Automated Vulnerability Detection in Source Code Using Quantum Natural
Language Processing
- URL: http://arxiv.org/abs/2303.07525v1
- Date: Mon, 13 Mar 2023 23:27:42 GMT
- Title: Automated Vulnerability Detection in Source Code Using Quantum Natural
Language Processing
- Authors: Mst Shapna Akter, Hossain Shahriar, and Zakirul Alam Bhuiya
- Abstract summary: C and C++ open source code are now available in order to create a large-scale, classical machine-learning and quantum machine-learning system for function-level vulnerability identification.
We created an efficient and scalable vulnerability detection method based on a deep neural network model Long Short Term Memory (LSTM), and quantum machine learning model Long Short Term Memory (QLSTM)

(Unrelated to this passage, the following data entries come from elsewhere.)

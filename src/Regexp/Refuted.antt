-- ===== src/Regexp/Refuted.antt =====
-- Where an expression cannot match, because the text lacks code points that it needs.
use go_project.Base.{
  ℕ, ◌+◌, ◌≡◌, refl, List, [], ◌∷◌, Option, none, some, Bool, true, false, ◌==◌, if◌then◌else◌,
  Bool-cases, inl, inr, arith,
}
use mathlib.Core.Path.{subst}
use go_project.Regexp.{
  Class, exact, fold, space, digit, word, none_of, in_class, Re, one, many, few, seq, either, maybe,
  group, edge, start_of_text, end_of_text, nothing, Groups, Next, run_one, run_many, run_few, run,
  at_edge, consumed,
}

abbrev pub same_class : Class → Class → Bool
same_class (exact c) (exact d) = c == d
same_class space space = true
same_class _ _ = false

same_class-in_class :
    (a b : Class) (c : ℕ) → same_class a b ≡ true → in_class b c ≡ true → in_class a c ≡ true
same_class-in_class (exact a) (exact b) c e h = ground (arith, e, h)
same_class-in_class (exact a) (fold b) c e h = ground (arith, e)
same_class-in_class (exact a) space c e h = ground (arith, e)
same_class-in_class (exact a) digit c e h = ground (arith, e)
same_class-in_class (exact a) word c e h = ground (arith, e)
same_class-in_class (exact a) (none_of b) c e h = ground (arith, e)
same_class-in_class (fold a) b c e h = ground (arith, e)
same_class-in_class space (exact b) c e h = ground (arith, e)
same_class-in_class space (fold b) c e h = ground (arith, e)
same_class-in_class space space c e h = h
same_class-in_class space digit c e h = ground (arith, e)
same_class-in_class space word c e h = ground (arith, e)
same_class-in_class space (none_of b) c e h = ground (arith, e)
same_class-in_class digit b c e h = ground (arith, e)
same_class-in_class word b c e h = ground (arith, e)
same_class-in_class (none_of a) b c e h = ground (arith, e)

zero_add : (m : ℕ) → 0 + m ≡ m
zero_add m = omega arith

add_assoc : (a b c : ℕ) → a + b + c ≡ a + (b + c)
add_assoc a b c = omega arith

-- How many code points of a class every match has at least.
abbrev pub needed : Class → Re → ℕ
needed cl (one d) = if same_class cl d then 1 else 0
needed cl (many d) = 0
needed cl (few d) = 0
needed cl (seq a b) = needed cl a + needed cl b
needed cl (either a b) = 0
needed cl (maybe a) = 0
needed cl (group n a) = needed cl a
needed cl edge = 0
needed cl start_of_text = 0
needed cl end_of_text = 0
needed cl nothing = 0

-- `P m s`: with less than `m` code points of the class in `s`.
pub record Scarce (cl : Class) (P : ℕ → List ℕ → Type 0) : Type 0 where
  pub fewer : (n m : ℕ) (s : List ℕ) → P m s → P (n + m) s
  pub behind : (m c : ℕ) (s : List ℕ) → P m (c ∷ s) → P m s
  pub taken : (m c : ℕ) (s : List ℕ) → in_class cl c ≡ true → P (1 + m) (c ∷ s) → P m s

-- What comes next fails wherever `P m` holds.
abbrev pub Refuted : (ℕ → List ℕ → Type 0) → ℕ → Next → Type 0
Refuted P m next = (prev : Option ℕ) (s : List ℕ) (g : Groups) → P m s → next prev s g ≡ none

module _ (cl : Class) (P : ℕ → List ℕ → Type 0) (scarce : Scarce cl P) where
  one-Refuted :
      (d : Class) (m : ℕ) (next : Next)
      → Refuted P m next
      → Refuted P (needed cl (one d) + m) (λ prev s g. run_one d s g next)
  one-Refuted d m next h prev [] g p = refl
  one-Refuted d m next h prev (c ∷ s) g p = elim (Bool-cases (in_class d c)) [
    | inr e ↦ rw (e, run_one) refl
    | inl e ↦ elim (Bool-cases (same_class cl d)) [
      | inl k ↦
          rw (e, run_one)
            (h (some c) s g (
              scarce.taken m c s (same_class-in_class cl d c k e)
                (subst (λ (b : Bool). P ((if b then 1 else 0) + m) (c ∷ s)) k p)))
      | inr k ↦
          rw (e, run_one)
            (h (some c) s g (
              scarce.behind m c s (
                subst (λ (n : ℕ). P n (c ∷ s)) (zero_add m)
                  (subst (λ (b : Bool). P ((if b then 1 else 0) + m) (c ∷ s)) k p))))
    ]
  ]

  plain_add : (m : ℕ) (s : List ℕ) → P (0 + m) s → P m s
  plain_add m s p = subst (λ (n : ℕ). P n s) (zero_add m) p

  many-Refuted :
      (d : Class) (m : ℕ) (next : Next)
      → Refuted P m next
      → Refuted P (0 + m) (λ prev s g. run_many d prev s g next)
  unfolding run_many
  many-Refuted d m next h prev [] g p = h prev [] g (plain_add m [] p)
  many-Refuted d m next h prev (c ∷ s) g p =
      let here = h prev (c ∷ s) g (plain_add m (c ∷ s) p) in
      elim (Bool-cases (in_class d c)) [
        | inr e ↦ rw (e, run_many) here
        | inl e ↦
            rw (e, run_many, many-Refuted d m next h (some c) s g (scarce.behind (0 + m) c s p))
              here
      ]

  few-Refuted :
      (d : Class) (m : ℕ) (next : Next)
      → Refuted P m next
      → Refuted P (0 + m) (λ prev s g. run_few d prev s g next)
  unfolding run_few
  few-Refuted d m next h prev [] g p = h prev [] g (plain_add m [] p)
  few-Refuted d m next h prev (c ∷ s) g p =
      let here = h prev (c ∷ s) g (plain_add m (c ∷ s) p) in
      elim (Bool-cases (in_class d c)) [
        | inr e ↦ rw (e, run_few) here
        | inl e ↦
            rw (e, run_few, here)
              (few-Refuted d m next h (some c) s g (scarce.behind (0 + m) c s p))
      ]

  -- Every match takes what its expression needs.
  pub run-Refuted :
      (re : Re) (m : ℕ) (next : Next)
      → Refuted P m next
      → Refuted P (needed cl re + m) (λ prev s g. run re prev s g next)
  unfolding run
  run-Refuted (one d) m next h prev s g p = one-Refuted d m next h prev s g p
  run-Refuted (many d) m next h prev s g p = many-Refuted d m next h prev s g p
  run-Refuted (few d) m next h prev s g p = few-Refuted d m next h prev s g p
  run-Refuted (seq a b) m next h prev s g p =
      run-Refuted a (needed cl b + m) (λ q t k. run b q t k next) (run-Refuted b m next h) prev s g
        (subst (λ (n : ℕ). P n s) (add_assoc (needed cl a) (needed cl b) m) p)
  run-Refuted (either a b) m next h prev s g p =
      rw (run-Refuted a m next h prev s g (scarce.fewer (needed cl a) m s (plain_add m s p)))
        (run-Refuted b m next h prev s g (scarce.fewer (needed cl b) m s (plain_add m s p)))
  run-Refuted (maybe a) m next h prev s g p =
      rw (run-Refuted a m next h prev s g (scarce.fewer (needed cl a) m s (plain_add m s p)))
        (h prev s g (plain_add m s p))
  run-Refuted (group n a) m next h prev s g p =
      run-Refuted a m (λ q t k. next q t ((n, consumed s t) ∷ k))
        (λ q t k r. h q t ((n, consumed s t) ∷ k) r) prev s g p
  run-Refuted edge m next h prev s g p = elim (Bool-cases (at_edge prev s)) [
    | inl e ↦ rw (e, run) (h prev s g (plain_add m s p))
    | inr e ↦ rw (e, run) refl
  ]
  run-Refuted start_of_text m next h none s g p = h none s g (plain_add m s p)
  run-Refuted start_of_text m next h (some c) s g p = refl
  run-Refuted end_of_text m next h prev [] g p = h prev [] g (plain_add m [] p)
  run-Refuted end_of_text m next h prev (c ∷ s) g p = refl
  run-Refuted nothing m next h prev s g p = h prev s g (plain_add m s p)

The QLSTM with semantic and syntactic features detects significantly accurate vulnerability and runs faster than its classical counterpart.
- Score: 0.0
- License: http://creativecommons.org/licenses/by/4.0/
- Abstract: One of the most important challenges in the field of software code audit is
the presence of vulnerabilities in software source code. These flaws are highly
likely ex-ploited and lead to system compromise, data leakage, or denial of
ser-vice. C and C++ open source code are now available in order to create a
large-scale, classical machine-learning and quantum machine-learning system for
function-level vulnerability identification. We assembled a siz-able dataset of
millions of open-source functions that point to poten-tial exploits. We created
an efficient and scalable vulnerability detection method based on a deep neural
network model Long Short Term Memory (LSTM), and quantum machine learning model
Long Short Term Memory (QLSTM), that can learn features extracted from the
source codes. The source code is first converted into a minimal intermediate
representation to remove the pointless components and shorten the de-pendency.
Therefore, We keep the semantic and syntactic information using state of the
art word embedding algorithms such as Glove and fastText. The embedded vectors
are subsequently fed into the classical and quantum convolutional neural
networks to classify the possible vulnerabilities. To measure the performance,
we used evaluation metrics such as F1 score, precision, re-call, accuracy, and
total execution time. We made a comparison between the results derived from the
classical LSTM and quantum LSTM using basic feature representation as well as
semantic and syntactic represen-tation. We found that the QLSTM with semantic
and syntactic features detects significantly accurate vulnerability and runs
faster than its classical counterpart.